### Exercise objective
Where does the word "record" occur in the entries below? Copy every line that has it.

╔══

-- ===== src/Workflow/Validation/Valid.antt =====
-- What a workflow is that passes validation.
use qingzhou_ssh.Prelude.{
  ℕ, ◌+◌, ◌≤◌, ◌≡◌, refl, sym, ap, ◌∙◌, subst, inl, inr, String, true, false, Option, some, List,
  [], ◌∷◌, ◌++◌, filter, length, arith, ◌==◌, Bool-cases, &&_parts, All, here, there,
}
use qingzhou_ssh.Error.{AppError, AppResult}
use qingzhou_ssh.Workflow.Graph.{WorkflowNode, WorkflowEdge, is_member, reachable_from}
use qingzhou_ssh.Workflow.Graph.Reach.{Leads, Reaches, reachable_from-Reaches}
use qingzhou_ssh.Workflow.Cycle.{has_cycle}
use qingzhou_ssh.Workflow.Cycle.Counting.{fresh_once, occurs, is_member-occurs}
use qingzhou_ssh.Workflow.Cycle.Search.{has_cycle-acyclic}
use qingzhou_ssh.Workflow.Validation.{
  is_empty, joins, edge_diagnostics, ids_of, is_start, only_id, start_node_id_of,
  unreachable_diagnostics, self_part, duplicate_part, unreachable_part, terminal_part,
  repeated_part, limit_part, start_part, cycle_part, reach_diagnostics, node_error,
  node_diagnostics, validate_workflow, all_branch_diagnostics,
}

pub empty_parts :
    {A : Type 0} (xs ys : List A)
    → is_empty (xs ++ ys) ≡ true
    → (is_empty xs ≡ true) × (is_empty ys ≡ true)
empty_parts [] ys h = (refl, h)
empty_parts (x ∷ xs) ys h = cc

seven_parts :
    {A : Type 0} (a b c d e f g : List A)
    → is_empty (a ++ (b ++ (c ++ (d ++ (e ++ (f ++ g)))))) ≡ true
    → (is_empty a ≡ true)
      × (is_empty b ≡ true)
      × (is_empty c ≡ true)
      × (is_empty d ≡ true)
      × (is_empty f ≡ true)
      × (is_empty g ≡ true)
seven_parts a b c d e f g h =
    let p0 = empty_parts a _ h in
    let p1 = empty_parts b _ p0.1 in
    let p2 = empty_parts c _ p1.1 in
    let p3 = empty_parts d _ p2.1 in
    let p4 = empty_parts e _ p3.1 in
    let p5 = empty_parts f g p4.1 in (p0.0, p1.0, p2.0, p3.0, p5.0, p5.1)

edges_joined :
    (ids : List ℕ) (seen edges : List WorkflowEdge)
    → is_empty (edge_diagnostics ids seen edges) ≡ true
    → All (λ e. joins ids e ≡ true) edges × (filter (joins ids) edges ≡ edges)
unfolding edge_diagnostics
edges_joined ids seen [] h = (tt, refl)
edges_joined ids seen (e ∷ es) h = elim (Bool-cases (joins ids e)) [
  | inr missing ↦ absurd (ground (arith, (rw missing at h)))
  | inl joined ↦
      let rest = edge_diagnostics ids (e ∷ seen) es in
      let later =
        (empty_parts (duplicate_part seen e) rest
          (empty_parts (self_part e) (duplicate_part seen e ++ rest) (rw joined at h)).1).1 in
      let (all, same) = edges_joined ids (e ∷ seen) es later in
      ((joined, all), rw joined (ap (λ x. e ∷ x) same))
]

pub Leads-target :
    (ids : List ℕ) (edges : List WorkflowEdge) (a b : ℕ)
    → All (λ e. joins ids e ≡ true) edges
    → Leads edges a b
    → is_member b ids ≡ true
Leads-target ids [] a b all l = elim l [ ]
Leads-target ids (e ∷ es) a b all (here (s, t)) =
    subst (λ x. is_member x ids ≡ true) t (&&_parts (is_member e.source ids) _ all.0).1
Leads-target ids (e ∷ es) a b all (there l) = Leads-target ids es a b all.1 l

module _ {F V : Type 0} where
  All-reached :
      (first : ℕ) (edges : List WorkflowEdge) (nodes : List (WorkflowNode F V))
      → is_empty (unreachable_diagnostics (reachable_from first edges) nodes) ≡ true
      → All (λ n. Reaches edges first n.id) nodes
  unfolding unreachable_diagnostics
  All-reached first edges [] h = tt
  All-reached first edges (n ∷ ns) h =
      let parts =
        empty_parts (unreachable_part (reachable_from first edges) n)
          (unreachable_diagnostics (reachable_from first edges) ns) h in
      let found : is_member n.id (reachable_from first edges) ≡ true = ground (arith, parts.0) in
      ((reachable_from-Reaches edges first n.id).0 found, All-reached first edges ns parts.1)

  only_one :
      (nodes : List (WorkflowNode F V))
      → (length nodes == 1) ≡ true
      → (first : ℕ) × (only_id nodes ≡ some first)
  only_one [] h = absurd (ground (arith, h))
  only_one (n ∷ []) h = (n.id, refl)
  only_one (n ∷ (m ∷ ns)) h = absurd (ground (arith, h))

  only_start :
      (nodes : List (WorkflowNode F V)) (first : ℕ)
      → only_id (filter is_start nodes) ≡ some first
      → start_node_id_of nodes ≡ some first
  unfolding start_node_id_of
  only_start nodes first h = h

  start-Reaches :
      (nodes : List (WorkflowNode F V)) (edges : List WorkflowEdge) (first : ℕ)
      → is_empty (reach_diagnostics nodes edges (some first)) ≡ true
      → All (λ n. Reaches edges first n.id) nodes
  unfolding reach_diagnostics
  start-Reaches nodes edges first h =
      let reachable = reachable_from first edges in
      All-reached first edges nodes
        (empty_parts (unreachable_diagnostics reachable nodes) (terminal_part nodes edges reachable)
          h).0

  module _ (validate_node : WorkflowNode F V → AppResult (Unit {0}))
      (display : AppError → String) where
    ids_distinct :
        (seen : List ℕ) (nodes : List (WorkflowNode F V)) (x : ℕ)
        → is_empty (node_diagnostics validate_node display seen nodes) ≡ true
        → occurs x seen ≤ 1
        → occurs x seen + occurs x (ids_of nodes) ≤ 1
    unfolding node_diagnostics
    ids_distinct seen [] x h once = omega (arith, once)
    ids_distinct seen (n ∷ ns) x h once =
        let rest = node_diagnostics validate_node display (n.id ∷ seen) ns in
        let parts =
          empty_parts (repeated_part validate_node display seen n)
            (node_error validate_node display n ++ rest) h in
        let later = (empty_parts (node_error validate_node display n) rest parts.1).1 in
        let fresh : is_member n.id seen ≡ false = ground (arith, parts.0) in
        let absent : occurs n.id seen ≡ 0 =
          ground (arith, (sym (is_member-occurs n.id seen) ∙ fresh)) in
        omega (arith, ids_distinct (n.id ∷ seen) ns x later (fresh_once n.id x seen absent once))

    -- The edges at every node are as its kind wants.
    pub valid_branches :
        (order : List ℕ) (nodes : List (WorkflowNode F V)) (edges : List WorkflowEdge)
        → (validate_workflow validate_node display order nodes edges).valid ≡ true
        → is_empty (all_branch_diagnostics (ids_of nodes) edges nodes) ≡ true
    unfolding validate_workflow
    valid_branches order nodes edges h =
        let ids = ids_of nodes in
        let known = filter (joins ids) edges in
        let limit = limit_part validate_node display nodes edges in
        let one = start_part validate_node display nodes in
        let rest =
          all_branch_diagnostics ids known nodes
          ++ (cycle_part validate_node display order ids known
              ++ reach_diagnostics nodes known (start_node_id_of nodes)) in
        let joining = edge_diagnostics ids [] edges in
        let apart = node_diagnostics validate_node display [] nodes in
        let after = empty_parts limit (apart ++ (one ++ (joining ++ rest))) h in
        let later =
          empty_parts one (joining ++ rest)
            (empty_parts apart (one ++ (joining ++ rest)) after.1).1 in
        let last = empty_parts joining rest later.1 in
        let (joined, same) = edges_joined ids [] edges last.0 in
        subst (λ es. is_empty (all_branch_diagnostics ids es nodes) ≡ true) same
          (empty_parts (all_branch_diagnostics ids known nodes) _ last.1).0

    -- What validation promises of the nodes and edges of a workflow, and of its start.
    pub record IsWorkflow (nodes : List (WorkflowNode F V)) (edges : List WorkflowEdge)
        (start_node_id : Option ℕ) : Type 0 where
      pub small : (length nodes ≤ 100) × (length edges ≤ 200)
      pub distinct : (x : ℕ) → occurs x (ids_of nodes) ≤ 1
      pub joined : All (λ e. joins (ids_of nodes) e ≡ true) edges
      pub acyclic : (a b : ℕ) → Leads edges a b → ¬ (Reaches edges b a)
      pub reached :
          (first : ℕ) × (start_node_id ≡ some first) × All (λ n. Reaches edges first n.id) nodes

    -- A workflow that is reported valid has at most 100 nodes and 200 edges, no two nodes with one id,
    -- edges between its nodes only, no cycle, and one start node, from which every node is reached. The
    -- hash map of the code gives each id of a node once, in any order.
    pub valid-IsWorkflow :
        (order : List ℕ) (nodes : List (WorkflowNode F V)) (edges : List WorkflowEdge)
        → ((x : ℕ) → occurs x order ≤ 1)
        → ((x : ℕ) → is_member x order ≡ is_member x (ids_of nodes))
        → (validate_workflow validate_node display order nodes edges).valid ≡ true
        → IsWorkflow nodes edges
            (validate_workflow validate_node display order nodes edges).start_node_id
    unfolding validate_workflow
    valid-IsWorkflow order nodes edges once keys h =
        let ids = ids_of nodes in
        let known = filter (joins ids) edges in
        let (limit, apart, one, joining, sorted, reaching) =
          seven_parts (limit_part validate_node display nodes edges)
            (node_diagnostics validate_node display [] nodes)
            (start_part validate_node display nodes) (edge_diagnostics ids [] edges)
            (all_branch_diagnostics ids known nodes)
            (cycle_part validate_node display order ids known)
            (reach_diagnostics nodes known (start_node_id_of nodes)) h in
        let (joined, same) = edges_joined ids [] edges joining in
        record {
          small = ground (arith, limit);
          distinct = λ x. omega (arith, ids_distinct [] nodes x apart (omega arith));
          joined = joined;
          acyclic = λ a b l.
              has_cycle-acyclic order ids edges a b once keys
                (subst (λ es. has_cycle order ids es ≡ false) same (ground (arith, sorted)))
                (Leads-target ids edges a b joined l) l;
          reached =
              let (first, this) = only_one (filter is_start nodes) (ground (arith, one)) in
              let found : start_node_id_of nodes ≡ some first = only_start nodes first this in
              (
                first,
                found,
                start-Reaches nodes edges first (
                    subst (λ es. is_empty (reach_diagnostics nodes es (some first)) ≡ true) same
                      (subst (λ o. is_empty (reach_diagnostics nodes known o) ≡ true) found
                        reaching)),
              );
        }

╚══

### Exercise result
    pub record IsWorkflow (nodes : List (WorkflowNode F V)) (edges : List WorkflowEdge)
        record {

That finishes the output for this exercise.